Brief. Taking the entries below from the top, restate each line exactly and end with the line containing "max_string_bytes = 64 * 1024".

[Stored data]
=== Section Start ===
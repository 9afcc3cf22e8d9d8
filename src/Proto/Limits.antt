-- ===== src/Proto/Limits.antt =====
-- The constants of src/common/proto.hpp.
use ckmux.Prelude.{ℕ, ◌*◌}

abbrev pub header_bytes : ℕ
header_bytes = 8

abbrev pub max_payload_bytes : ℕ
max_payload_bytes = 1024 * 1024

abbrev pub max_chunk_payload_bytes : ℕ
max_chunk_payload_bytes = 256 * 1024

abbrev pub max_snapshot_payload_bytes : ℕ
max_snapshot_payload_bytes = 16 * 1024 * 1024

abbrev pub max_string_bytes : ℕ
max_string_bytes = 64 * 1024

abbrev pub max_cell_text_bytes : ℕ
max_cell_text_bytes = 15

abbrev pub max_grid_columns : ℕ
max_grid_columns = 1000

abbrev pub max_grid_rows : ℕ
max_grid_rows = 1000

abbrev pub max_grid_cells : ℕ
max_grid_cells = max_grid_columns * max_grid_rows
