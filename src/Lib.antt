-- ===== src/Lib.antt =====
-- A model of the core of glsld, a language server for GLSL, and what is proved of it.
--
-- The program reads a shader in stages. The tokenizer hands one token at a time to the preprocessor,
-- a state machine that collects directives, keeps a stack of conditionals and a macro table, and
-- passes the other tokens on to macro expansion. An expression of `#if` or `#elif` has its `defined`
-- operators replaced, is expanded, and goes to an evaluator. The parser then builds a syntax tree,
-- whose overloaded calls are resolved by comparing implicit conversions between types.
--
-- Files and the code that they model (paths below glsld-core/):
--   Source            include/Basic/SourceInfo.h: TextPosition, TextRange
--   Token             include/Compiler/SyntaxToken.h: TokenKlass, PPToken
--   Token/Scanner     include/Compiler/PPTokenScanner.h: the cursor, as the list of what is left
--   Atoms             include/Basic/AtomTable.h, src/Basic/AtomTable.cpp: interned texts; the other files
--                     have texts in place of atoms
--   Literal           src/Language/ConstValue.cpp: ParseNumberLiteral on integers
--   PpEval            include/Compiler/PPEval.h, src/Compiler/PPEval.cpp: PPExprEvaluator;
--                     PpEval/Arith has the single operators, PpEval/Grammar an independent grammar
--                     of the expressions and their meaning
--   MacroTable        include/Compiler/MacroTable.h, src/Compiler/MacroTable.cpp
--   Conditional       src/Compiler/Preprocessor.cpp, HandleIfDirective to HandleEndifDirective
--   Preprocess        include/Compiler/Preprocessor.h, src/Compiler/Preprocessor.cpp: the machine;
--                     Preprocess/Defs has its state and the handlers, Preprocess/Steps the
--                     transitions, FeedPPToken and the loop of PreprocessSourceFile
--   Version           src/Compiler/Preprocessor.cpp, HandleVersionDirective, and
--                     include/Language/ShaderTarget.h; Version/Reading has its theorems
--   Typing            include/Language/Typing.h, src/Language/Typing.cpp: scalar conversions
--   GlslType          include/Ast/Type.h, src/Ast/Type.cpp: descriptors, canonical names, conversion
--   Symbols           include/Compiler/SymbolTable.h, src/Compiler/SymbolTable.cpp: the levels of scope;
--                     Symbols/Scoping is about what a declaration makes visible, Symbols/Leaving
--                     about scopes that are left
--   Overload          src/Compiler/SymbolTable.cpp, FindFunction; Overload/Viable says what is
--                     chosen, Overload/Defined that there is a result, Overload/Comparison and
--                     Overload/Unique when the choice is unique
--   Tokenizer         include/Compiler/Tokenizer.h, src/Compiler/Tokenizer.cpp: Tokenizer/Cursor has
--                     the cursor and the characters, Tokenizer/Parts the loops, Tokenizer/Lex `Lex`
--                     and the loop over a file; Tokenizer/Progress, Behind and Total have the
--                     theorems on progress, Tokenizer/Words and RoundTrip those on text read back
--   Expansion         src/Compiler/Preprocessor.cpp and include/Compiler/Preprocessor.h,
--                     MacroExpansionProcessor: Expansion/State has its fields, Expansion/Body
--                     FeedMacroExpansion over a body, with Tokenizer for pasted text, Expansion/Feed
--                     `Feed` and what it calls; Outcome, Disabled, Sound, Fed, Bodies and Total are
--                     about its termination and failures, Reference and ObjectLike about what it
--                     puts out for object-like macros
--   Parser            include/Compiler/Parser.h, src/Compiler/Parser.cpp: Parser/Tokens has the state of
--                     the parser and its tokens, Parser/Recovery RecoverFromError and the helpers for
--                     delimiters, Parser/Syntax the calls of the AST builder, Parser/Operators the
--                     tables of operators, Parser/Exprs, Parser/Postfix, Parser/Types and
--                     Parser/Qualifiers the functions for expressions and the types in them, which
--                     call each other through Parser/Calls, and Parser/Run them with themselves for
--                     these calls. Parser/Total is about termination: Ready has what holds between
--                     two calls, Landing where recovery stops, Fine what the functions promise each
--                     other, the others that they keep it; Parser/Growth is about more fuel, with which
--                     results stay. Parser/Grouping is about the order of operators: Operand has what is
--                     parsed of a name, Links and Chain the loops over operators, Unique that one tree
--                     obeys the order, Whole ParseExpr. Parser/Hang has an input without end
--   Prelude           shared names, Boolean tests, lists and integers
--
-- Conventions. Names are the source's in lower case with underscores (`HandleElifDirective` is
-- `handle_elif_directive`). Numbers are natural numbers; 64-bit words keep their wrap-around written
-- out. Texts are lists of bytes, and atoms are compared by their texts. A vector used as a stack is a
-- list whose head is its back. A hash map is an association list. A failed assertion is `none` (within
-- one call of `Lex` it is noted in the field `failed` of `Scan`, and `Lex` is `none` then), and
-- an operation that C++ leaves undefined is the outcome `undefined`. The tokenizer's cursor is what is
-- left of the source, at whose end a null character is read; the set of disabled macros is a list of
-- names, and a processor that collects arguments holds the processor of the current argument.
--
-- Fuel. `decimal_onto` prints a number with one more step than the number itself, and every step
-- divides by ten. The loops of the tokenizer take as many steps as bytes are left, and each takes a
-- byte. `tokenize` is given its fuel, of which more than there are bytes is enough. `expand_tokens`
-- gives expansions the size of the macro table as the depth to which they nest; every expansion
-- disables one macro more. The functions of the parser take fuel for how deep their calls and the turns
-- of their loops are nested: four for each token and three more are enough where no struct is defined,
-- and with one there may be no such number. `recover_loop` takes as many steps as tokens are left. No
-- other definition needs fuel.
--
-- Not modelled, and taken as parameters (the record `Services` of Preprocess/Defs): the output stream,
-- the inclusion of a file, and the truth value that an expression with an undefined operation happens
-- to have. The machine takes macro expansion as a parameter too, and Expansion models it apart, for a
-- macro table that no directive changes while the arguments of a call are read. Callbacks and
-- diagnostics only report and are left out, and so are the directives that do nothing else
-- (`#error`, `#extension`, `#pragma`, `#line`) and the version scanning mode. `#version` changes no
-- state of the machine, which passes over it; Version models its handler apart, with the assertion
-- that can fail there. Of the parser the statements and declarations are not modelled, nor what the AST
-- builder computes for a node: a call of the builder is the node that it returns. The builder's own
-- assertions and aborts (AstBuilder.cpp, lines 366, 583, 631 and 649 among them) and the assertion of the
-- constructor of `AstSyntaxRange` are left out with it, so what is said of the parser holds where these
-- calls return. `IsStructName` of the builder is a parameter. The server is not modelled.
pub mod Atoms
pub mod Conditional
pub mod Expansion
pub mod GlslType
pub mod Literal
pub mod MacroTable
pub mod Overload
pub mod Parser
pub mod PpEval
pub mod Prelude
pub mod Preprocess
pub mod Source
pub mod Symbols
pub mod Token
pub mod Tokenizer
pub mod Typing
pub mod Version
=== Section End ===
Result for this task.
repository 9afcc3cf22e8d9d8
filename src/Proto/Limits.antt
-- ===== src/Proto/Limits.antt =====
-- The constants of src/common/proto.hpp.
use ckmux.Prelude.{ℕ, ◌*◌}

abbrev pub header_bytes : ℕ
header_bytes = 8

abbrev pub max_payload_bytes : ℕ
max_payload_bytes = 1024 * 1024

abbrev pub max_chunk_payload_bytes : ℕ
max_chunk_payload_bytes = 256 * 1024

abbrev pub max_snapshot_payload_bytes : ℕ
max_snapshot_payload_bytes = 16 * 1024 * 1024

abbrev pub max_string_bytes : ℕ
max_string_bytes = 64 * 1024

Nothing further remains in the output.